» **Collected data**
****************************************
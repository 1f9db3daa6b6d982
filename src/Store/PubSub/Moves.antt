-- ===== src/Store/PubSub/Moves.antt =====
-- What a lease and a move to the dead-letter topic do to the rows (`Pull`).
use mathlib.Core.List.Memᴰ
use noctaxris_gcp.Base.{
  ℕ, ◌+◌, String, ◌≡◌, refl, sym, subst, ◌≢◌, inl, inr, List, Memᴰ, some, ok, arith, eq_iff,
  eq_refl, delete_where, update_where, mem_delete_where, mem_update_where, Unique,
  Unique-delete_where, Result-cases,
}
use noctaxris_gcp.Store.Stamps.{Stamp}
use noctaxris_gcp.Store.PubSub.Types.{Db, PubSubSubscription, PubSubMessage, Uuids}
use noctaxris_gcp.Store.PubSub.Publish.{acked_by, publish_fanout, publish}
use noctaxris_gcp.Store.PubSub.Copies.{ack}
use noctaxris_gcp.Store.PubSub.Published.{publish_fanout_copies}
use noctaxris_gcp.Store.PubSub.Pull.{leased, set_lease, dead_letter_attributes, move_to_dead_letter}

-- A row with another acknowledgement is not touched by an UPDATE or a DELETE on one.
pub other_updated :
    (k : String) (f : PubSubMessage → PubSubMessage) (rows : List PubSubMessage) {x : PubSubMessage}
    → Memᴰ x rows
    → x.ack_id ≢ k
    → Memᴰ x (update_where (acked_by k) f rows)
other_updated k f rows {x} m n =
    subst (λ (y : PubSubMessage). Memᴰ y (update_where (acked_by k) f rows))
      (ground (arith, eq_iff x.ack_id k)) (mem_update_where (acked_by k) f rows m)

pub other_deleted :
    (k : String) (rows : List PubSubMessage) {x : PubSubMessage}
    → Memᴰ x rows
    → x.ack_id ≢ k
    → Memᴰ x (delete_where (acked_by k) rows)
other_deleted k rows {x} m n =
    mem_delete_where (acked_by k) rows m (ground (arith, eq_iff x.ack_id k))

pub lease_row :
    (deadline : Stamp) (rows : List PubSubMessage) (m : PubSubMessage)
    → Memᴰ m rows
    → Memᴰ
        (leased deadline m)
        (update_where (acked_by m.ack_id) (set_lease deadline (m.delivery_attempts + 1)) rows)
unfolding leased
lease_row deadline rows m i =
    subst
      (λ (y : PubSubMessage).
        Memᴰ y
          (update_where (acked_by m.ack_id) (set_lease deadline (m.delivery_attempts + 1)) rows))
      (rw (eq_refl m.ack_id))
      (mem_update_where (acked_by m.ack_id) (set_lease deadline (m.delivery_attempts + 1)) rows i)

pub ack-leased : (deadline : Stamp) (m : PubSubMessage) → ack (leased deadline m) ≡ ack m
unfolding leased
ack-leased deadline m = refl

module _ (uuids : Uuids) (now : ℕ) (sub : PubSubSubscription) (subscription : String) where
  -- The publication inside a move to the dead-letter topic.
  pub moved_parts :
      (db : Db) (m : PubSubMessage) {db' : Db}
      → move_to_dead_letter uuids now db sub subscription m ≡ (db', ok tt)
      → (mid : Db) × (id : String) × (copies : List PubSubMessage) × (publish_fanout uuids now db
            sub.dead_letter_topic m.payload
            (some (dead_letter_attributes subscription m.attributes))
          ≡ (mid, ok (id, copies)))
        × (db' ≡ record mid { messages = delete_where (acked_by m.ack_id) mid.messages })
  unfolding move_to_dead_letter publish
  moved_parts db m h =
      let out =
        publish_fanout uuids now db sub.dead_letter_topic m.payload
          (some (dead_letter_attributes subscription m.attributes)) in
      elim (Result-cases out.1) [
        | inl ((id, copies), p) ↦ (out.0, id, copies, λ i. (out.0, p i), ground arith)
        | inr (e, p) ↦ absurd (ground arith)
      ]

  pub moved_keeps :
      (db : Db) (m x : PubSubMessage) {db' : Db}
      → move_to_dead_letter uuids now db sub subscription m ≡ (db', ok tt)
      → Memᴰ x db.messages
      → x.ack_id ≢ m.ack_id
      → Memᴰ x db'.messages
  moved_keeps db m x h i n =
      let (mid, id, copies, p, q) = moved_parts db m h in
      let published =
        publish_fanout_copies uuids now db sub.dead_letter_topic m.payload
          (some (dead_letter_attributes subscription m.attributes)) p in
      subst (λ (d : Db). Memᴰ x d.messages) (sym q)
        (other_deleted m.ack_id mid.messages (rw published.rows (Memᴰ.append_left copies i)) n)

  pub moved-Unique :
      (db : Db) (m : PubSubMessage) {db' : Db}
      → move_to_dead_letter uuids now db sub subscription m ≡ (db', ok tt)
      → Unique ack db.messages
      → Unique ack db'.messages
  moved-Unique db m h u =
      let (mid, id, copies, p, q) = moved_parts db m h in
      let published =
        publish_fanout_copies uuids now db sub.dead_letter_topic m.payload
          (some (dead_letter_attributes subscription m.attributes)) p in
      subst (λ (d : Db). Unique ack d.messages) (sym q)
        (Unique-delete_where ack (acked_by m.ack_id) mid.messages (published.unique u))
****************************************
» **Work order**
Transcribe the records above exactly as they appear.

» **Written response**
repository 1f9db3daa6b6d982
filename src/Store/PubSub/Moves.antt
-- ===== src/Store/PubSub/Moves.antt =====
-- What a lease and a move to the dead-letter topic do to the rows (`Pull`).
use mathlib.Core.List.Memᴰ
use noctaxris_gcp.Base.{
  ℕ, ◌+◌, String, ◌≡◌, refl, sym, subst, ◌≢◌, inl, inr, List, Memᴰ, some, ok, arith, eq_iff,
  eq_refl, delete_where, update_where, mem_delete_where, mem_update_where, Unique,
  Unique-delete_where, Result-cases,
}
use noctaxris_gcp.Store.Stamps.{Stamp}
use noctaxris_gcp.Store.PubSub.Types.{Db, PubSubSubscription, PubSubMessage, Uuids}
use noctaxris_gcp.Store.PubSub.Publish.{acked_by, publish_fanout, publish}
use noctaxris_gcp.Store.PubSub.Copies.{ack}
use noctaxris_gcp.Store.PubSub.Published.{publish_fanout_copies}
use noctaxris_gcp.Store.PubSub.Pull.{leased, set_lease, dead_letter_attributes, move_to_dead_letter}

-- A row with another acknowledgement is not touched by an UPDATE or a DELETE on one.
pub other_updated :
    (k : String) (f : PubSubMessage → PubSubMessage) (rows : List PubSubMessage) {x : PubSubMessage}
    → Memᴰ x rows
    → x.ack_id ≢ k
    → Memᴰ x (update_where (acked_by k) f rows)
other_updated k f rows {x} m n =
    subst (λ (y : PubSubMessage). Memᴰ y (update_where (acked_by k) f rows))
      (ground (arith, eq_iff x.ack_id k)) (mem_update_where (acked_by k) f rows m)

pub other_deleted :
    (k : String) (rows : List PubSubMessage) {x : PubSubMessage}
    → Memᴰ x rows
    → x.ack_id ≢ k
    → Memᴰ x (delete_where (acked_by k) rows)
other_deleted k rows {x} m n =
    mem_delete_where (acked_by k) rows m (ground (arith, eq_iff x.ack_id k))

pub lease_row :
    (deadline : Stamp) (rows : List PubSubMessage) (m : PubSubMessage)
    → Memᴰ m rows
    → Memᴰ
        (leased deadline m)
        (update_where (acked_by m.ack_id) (set_lease deadline (m.delivery_attempts + 1)) rows)
unfolding leased
lease_row deadline rows m i =
    subst
      (λ (y : PubSubMessage).
        Memᴰ y
          (update_where (acked_by m.ack_id) (set_lease deadline (m.delivery_attempts + 1)) rows))
      (rw (eq_refl m.ack_id))
      (mem_update_where (acked_by m.ack_id) (set_lease deadline (m.delivery_attempts + 1)) rows i)

pub ack-leased : (deadline : Stamp) (m : PubSubMessage) → ack (leased deadline m) ≡ ack m
unfolding leased
ack-leased deadline m = refl

module _ (uuids : Uuids) (now : ℕ) (sub : PubSubSubscription) (subscription : String) where
  -- The publication inside a move to the dead-letter topic.
  pub moved_parts :
      (db : Db) (m : PubSubMessage) {db' : Db}
      → move_to_dead_letter uuids now db sub subscription m ≡ (db', ok tt)
      → (mid : Db) × (id : String) × (copies : List PubSubMessage) × (publish_fanout uuids now db
            sub.dead_letter_topic m.payload
            (some (dead_letter_attributes subscription m.attributes))
          ≡ (mid, ok (id, copies)))
        × (db' ≡ record mid { messages = delete_where (acked_by m.ack_id) mid.messages })
  unfolding move_to_dead_letter publish
  moved_parts db m h =
      let out =
        publish_fanout uuids now db sub.dead_letter_topic m.payload
          (some (dead_letter_attributes subscription m.attributes)) in
      elim (Result-cases out.1) [
        | inl ((id, copies), p) ↦ (out.0, id, copies, λ i. (out.0, p i), ground arith)
        | inr (e, p) ↦ absurd (ground arith)
      ]

  pub moved_keeps :
      (db : Db) (m x : PubSubMessage) {db' : Db}
      → move_to_dead_letter uuids now db sub subscription m ≡ (db', ok tt)
      → Memᴰ x db.messages
      → x.ack_id ≢ m.ack_id
      → Memᴰ x db'.messages
  moved_keeps db m x h i n =
      let (mid, id, copies, p, q) = moved_parts db m h in
      let published =
        publish_fanout_copies uuids now db sub.dead_letter_topic m.payload
          (some (dead_letter_attributes subscription m.attributes)) p in
      subst (λ (d : Db). Memᴰ x d.messages) (sym q)
        (other_deleted m.ack_id mid.messages (rw published.rows (Memᴰ.append_left copies i)) n)

  pub moved-Unique :
      (db : Db) (m : PubSubMessage) {db' : Db}
      → move_to_dead_letter uuids now db sub subscription m ≡ (db', ok tt)
      → Unique ack db.messages
      → Unique ack db'.messages
  moved-Unique db m h u =
      let (mid, id, copies, p, q) = moved_parts db m h in
      let published =
        publish_fanout_copies uuids now db sub.dead_letter_topic m.payload
          (some (dead_letter_attributes subscription m.attributes)) p in
      subst (λ (d : Db). Unique ack d.messages) (sym q)
        (Unique-delete_where ack (acked_by m.ack_id) mid.messages (published.unique u))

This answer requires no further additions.